Où est-ce que brun se dit pour les yeux?


----------



## Anne345

Oui, des yeux bruns.


----------



## AugustinusMinimus

On parlerait plutôt d'yeux marrons et de cheveux bruns.


----------



## Maître Capello

AugustinusMinimus said:


> On parlerait plutôt d'yeux marron*s* et de cheveux bruns.


Pourquoi « plutôt » ? _Des yeux bruns_, _des yeux marron_, _des yeux noisette_ sont tous corrects, mais désignent des nuances de brun différentes.


----------



## garotopunkrock

Maintenant, j'ai un doute...
Il n'y a pas de problème de dire "elle a des yeux marron / bruns".
Et pourquoi alors il a dit que Marrons c'est plutôt pour les yeux e Bruns pour les cheveux??

à bientôt...


----------



## Grop

Chez moi en tout cas, il est plus fréquent de parler d'yeux marrons que d'yeux bruns.

J'ai l'impression qu'en général je considère qu'on a les yeux soit marrons soit bleus (ce qui inclut tous ces yeux qu'on décrit comme verts, gris ou ce qu'on veut) et qu'aller plus dans le détail me parait un peu sophistiqué.

(j'aurais d'ailleurs dit, en parlant d'yeux, que brun, marron et noisette sont des nuances de marron, pas de brun).

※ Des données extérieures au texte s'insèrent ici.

-- ===== src/Traffic/Primary.antt =====
-- The outlet that is shown does not hang on the order of a map's iteration.
use opensurge_fnos.Base.{
  All, List, [], false, if_holds, if◌then◌else◌, inl, inr, refl, subst, sym, ◌∙◌, ◌∷◌, ◌≡◌, ◌⊎◌,
}
use opensurge_fnos.Text.{Text, is_empty}
use opensurge_fnos.Traffic.Egress.{Usage, beats, pick, pick_all, primary_egress}
use opensurge_fnos.Traffic.Order.{beats_cotrans, beats_irrefl, beats_overtaken, beats_total}

unfoldable pub Listed : Usage → List Usage → Type 0
Listed w [] = ⊥
Listed w (u ∷ us) = (w ≡ u) ⊎ Listed w us

Listed-All : (P : Usage → Type 0) (w : Usage) (us : List Usage) → Listed w us → All P us → P w
unfolding Listed
Listed-All P w [] l h = absurd l
Listed-All P w (u ∷ us) (inl e) h = subst P (sym e) h.0
Listed-All P w (u ∷ us) (inr l) h = Listed-All P w us l h.1

-- Every outlet has a name, as connectionEgress has it.
unfoldable pub IsNamed : List Usage → Type 0
IsNamed us = All (λ u. is_empty u.egress ≡ false) us

record IsBest (w best : Usage) (us : List Usage) : Type 0 where
  of_them : Listed w (best ∷ us)
  over_best : beats best w ≡ false
  over_all : All (λ u. beats u w ≡ false) us

pick_named :
    (best u : Usage)
    → is_empty best.egress ≡ false
    → pick best u ≡ (if beats u best then u else best)
unfolding pick
pick_named best u named = cc named

pick_all-IsBest :
    (best : Usage) (us : List Usage)
    → is_empty best.egress ≡ false
    → IsNamed us
    → IsBest (pick_all best us) best us
unfolding pick_all IsNamed Listed
pick_all-IsBest best [] named h = record {
  of_them = inl refl;
  over_best = beats_irrefl best;
  over_all = tt;
}
pick_all-IsBest best (u ∷ us) named h =
    let taken = pick_all-IsBest u us h.0 h.1 in
    let kept = pick_all-IsBest best us named h.1 in
    subst (λ b. IsBest (pick_all b us) best (u ∷ us)) (sym (pick_named best u named))
      (if_holds (λ b. IsBest (pick_all b us) best (u ∷ us)) (beats u best) _ _
        (λ better. record {
          of_them = inr taken.of_them;
          over_best = beats_overtaken best u (pick_all u us) better taken.over_best;
          over_all = (taken.over_best, taken.over_all);
        })
        (λ worse. record {
          of_them = past u kept.of_them;
          over_best = kept.over_best;
          over_all = (beats_cotrans u best (pick_all best us) worse kept.over_best, kept.over_all);
        }))
  where
    past : {w : Usage} (u : Usage) → (w ≡ best) ⊎ Listed w us → (w ≡ best) ⊎ ((w ≡ u) ⊎ Listed w us)
    past u (inl e) = inl e
    past u (inr l) = inr (inr l)

-- The outlet shown is one of the entries, and no entry beats it.
record IsPrimary (name : Text) (us : List Usage) : Type 0 where
  entry : Usage
  shown : name ≡ entry.egress
  listed : Listed entry us
  unbeaten : All (λ u. beats u entry ≡ false) us

primary_egress-IsPrimary :
    (u : Usage) (us : List Usage) → IsNamed (u ∷ us) → IsPrimary (primary_egress (u ∷ us)) (u ∷ us)
unfolding primary_egress pick_all pick IsNamed
primary_egress-IsPrimary u us h =
    let best = pick_all-IsBest u us h.0 h.1 in
    record {
      entry = pick_all u us;
      shown = refl;
      listed = best.of_them;
      unbeaten = (best.over_best, best.over_all);
    }

-- The primary outlet of a map is the same in whatever order its entries come: two lists of named
-- entries, each with the entries of the other, have one primary outlet.
pub primary_egress_lem :
    (us vs : List Usage)
    → IsNamed us
    → IsNamed vs
    → ((w : Usage) → Listed w us → Listed w vs)
    → ((w : Usage) → Listed w vs → Listed w us)
    → primary_egress us ≡ primary_egress vs
unfolding Listed
primary_egress_lem [] [] hu hv there back = refl
primary_egress_lem [] (v ∷ vs) hu hv there back = absurd (back v (inl refl))
primary_egress_lem (u ∷ us) [] hu hv there back = absurd (there u (inl refl))
primary_egress_lem (u ∷ us) (v ∷ vs) hu hv there back =
    let a = primary_egress-IsPrimary u us hu in
    let b = primary_egress-IsPrimary v vs hv in
    let one =
      Listed-All (λ x. beats x b.entry ≡ false) a.entry (v ∷ vs) (there a.entry a.listed)
        b.unbeaten in
    let other =
      Listed-All (λ x. beats x a.entry ≡ false) b.entry (u ∷ us) (back b.entry b.listed)
        a.unbeaten in
    a.shown ∙ beats_total a.entry b.entry one other ∙ sym b.shown
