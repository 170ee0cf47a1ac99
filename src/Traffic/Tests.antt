-- ===== src/Traffic/Tests.antt =====
-- Three connections, two of them with one ID, and the outlets of a device in two orders.
use opensurge_fnos.Base.{Bool, List, [], inl, inr, not, refl, true, ◌&&◌, ◌∷◌, ◌≡◌}
use opensurge_fnos.Device.Policy.{has}
use opensurge_fnos.Text.{Text, is_empty, is_space, text, text_eq, trim_space}
use opensurge_fnos.Traffic.Closed.{closed_ids}
use opensurge_fnos.Traffic.Connections.{
  Connection, any_wanted, distinct, matching_connection_ids, matching_ids,
}
use opensurge_fnos.Traffic.Egress.{
  Usage, beats, connection_egress, pick, pick_all, primary_egress, text_ltb,
}
use opensurge_fnos.Traffic.Primary.{IsNamed, Listed, primary_egress_lem}

abbrev connections_seen : List Connection
connections_seen =
    record { id = text " a1 "; chains = text "Tokyo" ∷ text "Proxy" ∷ [] }
    ∷ record { id = text "b2"; chains = text "DIRECT" ∷ [] }
    ∷ record { id = text "a1"; chains = text "Tokyo" ∷ text "Proxy" ∷ [] }
    ∷ []

through_proxy : Connection → Bool
unfolding has
through_proxy c = has (text "Proxy") c.chains

one_closed : matching_connection_ids through_proxy connections_seen ≡ text "a1" ∷ []
unfolding matching_connection_ids matching_ids has trim_space is_space text_eq through_proxy
one_closed = refl

closed_ids_example :
    (distinct (matching_connection_ids through_proxy connections_seen) ≡ true)
    × ((id : Text)
        → has id (matching_connection_ids through_proxy connections_seen)
          ≡ (not (is_empty id) && any_wanted through_proxy id connections_seen))
closed_ids_example = closed_ids through_proxy connections_seen

abbrev tokyo : Usage
tokyo = record { egress = text "Tokyo"; connections = 2; bytes = 90 }

abbrev direct : Usage
direct = record { egress = text "DIRECT"; connections = 3; bytes = 90 }

forwards : (w : Usage) → Listed w (tokyo ∷ direct ∷ []) → Listed w (direct ∷ tokyo ∷ [])
unfolding Listed
forwards w (inl e) = inr (inl e)
forwards w (inr (inl e)) = inl e
forwards w (inr (inr l)) = inr (inr l)

backwards : (w : Usage) → Listed w (direct ∷ tokyo ∷ []) → Listed w (tokyo ∷ direct ∷ [])
unfolding Listed
backwards w (inl e) = inr (inl e)
backwards w (inr (inl e)) = inl e
backwards w (inr (inr l)) = inr (inr l)

primary_egress_lem_example :
    primary_egress (tokyo ∷ direct ∷ []) ≡ primary_egress (direct ∷ tokyo ∷ [])
unfolding IsNamed
primary_egress_lem_example =
    primary_egress_lem (tokyo ∷ direct ∷ []) (direct ∷ tokyo ∷ []) (refl, (refl, tt))
      (refl, (refl, tt)) forwards backwards

direct_shown : primary_egress (tokyo ∷ direct ∷ []) ≡ text "DIRECT"
unfolding primary_egress pick_all pick beats text_ltb
direct_shown = refl

shown_chain : connection_egress (text " Tokyo" ∷ [] ∷ []) ≡ text "Tokyo"
unfolding connection_egress trim_space is_space
shown_chain = refl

Ceci dit ça ne me choque pas qu'on parle d'yeux bruns par analogie aux cheveux bruns, et je pourrais sans doute le faire dans certains contextes, par exemple "Ils sont tous bruns dans sa famille: les yeux, le poil, tout".


----------



## Maître Capello

Grop said:


> (j'aurais d'ailleurs dit, en parlant d'yeux, que brun, marron et noisette sont des nuances de marron, pas de brun).


Pourtant, marron est une couleur bien définie (la couleur d'un marron, justement !), contrairement à brun qui est plus général.

Quoi qu'il en soit, moi j'ai toujours parlé de _yeux *bruns*_ (et non _marron_).


----------



## meliss

Une questione idiote:
De quelle couleur sont les yeux bruns?
Parce que dans notre langue on a les yeux marrons ou noirs et rien entre ces deux couleurs (je ne parle pas d'autres gammes).
Merci d'avance


----------



## Calamitintin

Marron ! Éventuellement noirs mais plus rarement. Mais de toutes facons foncés !


----------



## Nathalie1963

Dans la physionomie, on dit "brun" pour les cheveux et "marron" pour les yeux. Je n'ai jamais entendu parler d'yeux bruns....


----------



## Benoît abroad

Les Belges disent "des yeux bruns" (en fait ils utilisent très peu le nom "marron").

Qu'en est-il des autres francophones?


----------



## Ploupinet

Je l'ai déjà entendu, mais pas autant que "marrons" c'est certain


----------



## geostan

Quant à moi, j'ai toujours dit _les yeux marron_ et _les cheveux châtains_.

Mais je ne serais pas surpris d'entendre _les yeux bruns_ dans une conversation canadienne.

Cheers!


----------



## Nanon

Et puis il y a les bêtises que les enfants disent dans les écoles françaises :


> Yeux marron, yeux de cochon.
> Yeux bleus, yeux d'amoureux.
> Yeux verts, yeux de vipère.


----------



## Nathalie1963

Pour l'administration en France (passeport, carte d'identité...) le terme est _marron_ pour les yeux et _brun_ pour les cheveux.


----------



## Ploupinet

Hmmmmm... Vraiment ? Parce que pour la carte d'identité, on met bien ce qu'on veut il me semble !


----------



## SherbyPaladin

Au Québec, la plupart des gens disent "les yeux bruns". Rarement entend-on autre chose.


----------



## Bachatamor

Bonsoir à tous !

Quelle est la différence entre "les cheveux bruns" et "les cheveux châtains"? Est-ce que les deux se disent bien ?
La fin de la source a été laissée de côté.